米琪,像一只亲热的小猫,立刻就挽住了她的胳膊,用一种她根本无法抗拒的、撒娇的语气说:“哎呀悦悦,就去一次嘛,我们都在呢,怕什么!就当见见世面啦!我保证,就喝一杯,马上就送你回家!”
在米琪那看似天真烂漫的、撒娇般的劝说下,苏悦最终还是心软了。
她没有看到,在米琪亲热地挽住她胳膊、将脸贴在她肩上时,那双隐藏在长长睫毛下的眼睛里,闪过的一丝深不见底的恐惧和绝望。

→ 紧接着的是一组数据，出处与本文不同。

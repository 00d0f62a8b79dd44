-- ===== src/Database/Listing/Rows.antt =====
-- Which rows stay through the join, the filter, the order and the cut of a listing.
use langgraph_temporal_agent.Prelude.{
  ◌≡◌, zero, inr, inl, refl, true, suc, some, none, [], arith, ◌∷◌, Bool, ℕ, List, Memᴰ, All,
  filter, Bool-cases, take, ap, find?, leb, ◌⊎◌, sym, length, ◌∙◌, ◌≤◌, Option-cases, All-Memᴰ,
  All-map_of,
}
use langgraph_temporal_agent.Database.Listing.{
  join_products, insert_by_id, order_by_id, OrderRow, order_row,
}
use langgraph_temporal_agent.Database.Schema.{Product, Order}
use langgraph_temporal_agent.Database.Listing.Laws.{IsAscending}
use langgraph_temporal_agent.Database.Sql.{is_product}

pub All-kept :
    {A : Type 0} (P : A → Type 0) (f : A → Bool) (xs : List A)
    → ((x : A) → Memᴰ x xs → f x ≡ true → P x)
    → All P (filter f xs)
All-kept P f [] h = tt
All-kept P f (x ∷ xs) h = elim (Bool-cases (f x)) [
  | inl good ↦ rw good (h x (Memᴰ.head refl) good, All-kept P f xs (λ y m. h y (Memᴰ.tail m)))
  | inr bad ↦ rw bad (All-kept P f xs (λ y m. h y (Memᴰ.tail m)))
]

pub Memᴰ-filter :
    {A : Type 0} (f : A → Bool) (xs : List A) (x : A)
    → Memᴰ x xs
    → f x ≡ true
    → Memᴰ x (filter f xs)
Memᴰ-filter f [] x m h = elim m [ ]
Memᴰ-filter f (y ∷ xs) x (Memᴰ.head same) h = rw (ap f (sym same) ∙ h) (Memᴰ.head same)
Memᴰ-filter f (y ∷ xs) x (Memᴰ.tail m) h = elim (Bool-cases (f y)) [
  | inl good ↦ rw good (Memᴰ.tail (Memᴰ-filter f xs x m h))
  | inr bad ↦ rw bad (Memᴰ-filter f xs x m h)
]

join_products-some :
    (ps : List Product) (x : Order) (os : List Order) (q : Product)
    → find? (is_product x.product_sku) ps ≡ some q
    → join_products ps (x ∷ os) ≡ order_row x q ∷ join_products ps os
unfolding join_products
join_products-some ps x os q found = ground (arith, found)

join_products-none :
    (ps : List Product) (x : Order) (os : List Order)
    → find? (is_product x.product_sku) ps ≡ none
    → join_products ps (x ∷ os) ≡ join_products ps os
unfolding join_products
join_products-none ps x os absent = ground (arith, absent)

pub Memᴰ-join_products :
    (ps : List Product) (os : List Order) (o : Order) (p : Product)
    → Memᴰ o os
    → find? (is_product o.product_sku) ps ≡ some p
    → Memᴰ (order_row o p) (join_products ps os)
unfolding join_products
Memᴰ-join_products ps [] o p m e = elim m [ ]
Memᴰ-join_products ps (x ∷ os) o p (Memᴰ.head same) e =
    let found : find? (is_product x.product_sku) ps ≡ some p = rw same at e in
    rw (join_products-some ps x os p found) (Memᴰ.head (ap (λ (y : Order). order_row y p) same))
Memᴰ-join_products ps (x ∷ os) o p (Memᴰ.tail m) e =
    elim (Option-cases (find? (is_product x.product_sku) ps)) [
      | inl absent ↦ rw (join_products-none ps x os absent) (Memᴰ-join_products ps os o p m e)
      | inr (q, found) ↦
          rw (join_products-some ps x os q found) (Memᴰ.tail (Memᴰ-join_products ps os o p m e))
    ]

-- The rows of a join, without regard to the match.
pub join_products-rows :
    (ps : List Product) (os : List Order)
    → All
        (λ r.
          (o : Order) × (p : Product) × Memᴰ o os
          × (find? (is_product o.product_sku) ps ≡ some p)
          × (r ≡ order_row o p))
        (join_products ps os)
unfolding join_products
join_products-rows ps [] = tt
join_products-rows ps (x ∷ os) = elim (Option-cases (find? (is_product x.product_sku) ps)) [
  | inl absent ↦
      rw (join_products-none ps x os absent)
        (All-map_of (join_products ps os) more (join_products-rows ps os))
  | inr (q, found) ↦ rw (join_products-some ps x os q found) (
    (x, q, Memᴰ.head refl, found, refl),
    All-map_of (join_products ps os) more (join_products-rows ps os),
  )
]
  where
    more :
        (r : OrderRow)
        → ((o : Order) × (p : Product) × Memᴰ o os
            × (find? (is_product o.product_sku) ps ≡ some p)
            × (r ≡ order_row o p))
        → (o : Order) × (p : Product) × Memᴰ o (x ∷ os)
          × (find? (is_product o.product_sku) ps ≡ some p)
          × (r ≡ order_row o p)
    more r (o, p, m, found, same) = (o, p, Memᴰ.tail m, found, same)

Memᴰ-insert_by_id :
    (x r : OrderRow) (rows : List OrderRow) → Memᴰ x (r ∷ rows) → Memᴰ x (insert_by_id r rows)
unfolding insert_by_id
Memᴰ-insert_by_id x r [] m = m
Memᴰ-insert_by_id x r (s ∷ rows) m = elim (Bool-cases (leb r.id s.id)) [
  | inl below ↦ rw below m
  | inr above ↦ rw above (swapped m (Memᴰ-insert_by_id x r rows))
]
  where
    swapped :
        Memᴰ x (r ∷ s ∷ rows)
        → (Memᴰ x (r ∷ rows) → Memᴰ x (insert_by_id r rows))
        → Memᴰ x (s ∷ insert_by_id r rows)
    swapped (Memᴰ.head same) later = Memᴰ.tail (later (Memᴰ.head same))
    swapped (Memᴰ.tail (Memᴰ.head same)) later = Memᴰ.head same
    swapped (Memᴰ.tail (Memᴰ.tail n)) later = Memᴰ.tail (later (Memᴰ.tail n))

pub Memᴰ-order_by_id :
    (x : OrderRow) (rows : List OrderRow) → Memᴰ x rows → Memᴰ x (order_by_id rows)
unfolding order_by_id
Memᴰ-order_by_id x [] m = m
Memᴰ-order_by_id x (r ∷ rows) (Memᴰ.head same) =
    Memᴰ-insert_by_id x r (order_by_id rows) (Memᴰ.head same)
Memᴰ-order_by_id x (r ∷ rows) (Memᴰ.tail m) =
    Memᴰ-insert_by_id x r (order_by_id rows) (Memᴰ.tail (Memᴰ-order_by_id x rows m))

-- A row of an ascending list is among the first, or these are as many and have no greater id.
pub take-cut :
    (n : ℕ) (rows : List OrderRow) (r : OrderRow)
    → IsAscending rows
    → Memᴰ r rows
    → Memᴰ r (take n rows) ⊎ ((length (take n rows) ≡ n) × All (λ s. s.id ≤ r.id) (take n rows))
take-cut zero rows r up m = inr (refl, tt)
take-cut (suc n) [] r up m = elim m [ ]
take-cut (suc n) (s ∷ rows) r up (Memᴰ.head same) = inl (Memᴰ.head same)
take-cut (suc n) (s ∷ rows) r (low, up) (Memᴰ.tail m) = elim (take-cut n rows r up m) [
  | inl early ↦ inl (Memᴰ.tail early)
  | inr (full, below) ↦ inr (ap suc full, (All-Memᴰ (λ x. s.id ≤ x.id) rows low m, below))
]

她更不知道,米琪那看似光鲜的家庭,在一年前,曾经历过一场几乎毁灭性的破产。
是笪其兆,用“举手之劳”,拯救了她父亲的公司。
而他当时,向米琪父亲索要的唯一“报酬”,就是她的,全部。
在半推半就下,苏悦被说服一同前往一家隐秘而高档的酒吧。
在一间灯光昏暗、音乐暧昧的包间里,她们见到了几个由米琪介绍的、看起来英俊又成熟的男人。
他们很快被邀请玩起了“国王游戏”。
其中一个男人摇晃着手中的骰子蛊,然后,笑着高声宣布:“国王命令……7号!这位小美女,喝了这杯哥哥我为你点的‘特调’,怎么样?”
苏悦看了一眼自己面前的号码牌,正是7号。
米琪立刻在一旁大声起哄:“哇,悦悦运气真好!快喝快喝!这可是这里的招牌!”
苏悦没有察觉,无论是她喝下的那杯颜色艳丽的酒水、朋友们递过来让她“试一口”的女士香烟,还是空气中那若有似无的香氛,都含有“釉香集团”特制的、能让人意识模糊、情欲高涨的药物。
这是一个无法逃脱的陷阱。
在药物的作用下,苏悦的意识,很快便逐渐模糊。
她的身体变得滚烫,四肢无力。
她只记得自己软软地靠在沙发上,耳边是男人们越来越暧昧的调笑,和米琪那仿佛从很远处传来的、“她们只是不胜酒力,我先带她们去楼上休息一下”的模糊声音。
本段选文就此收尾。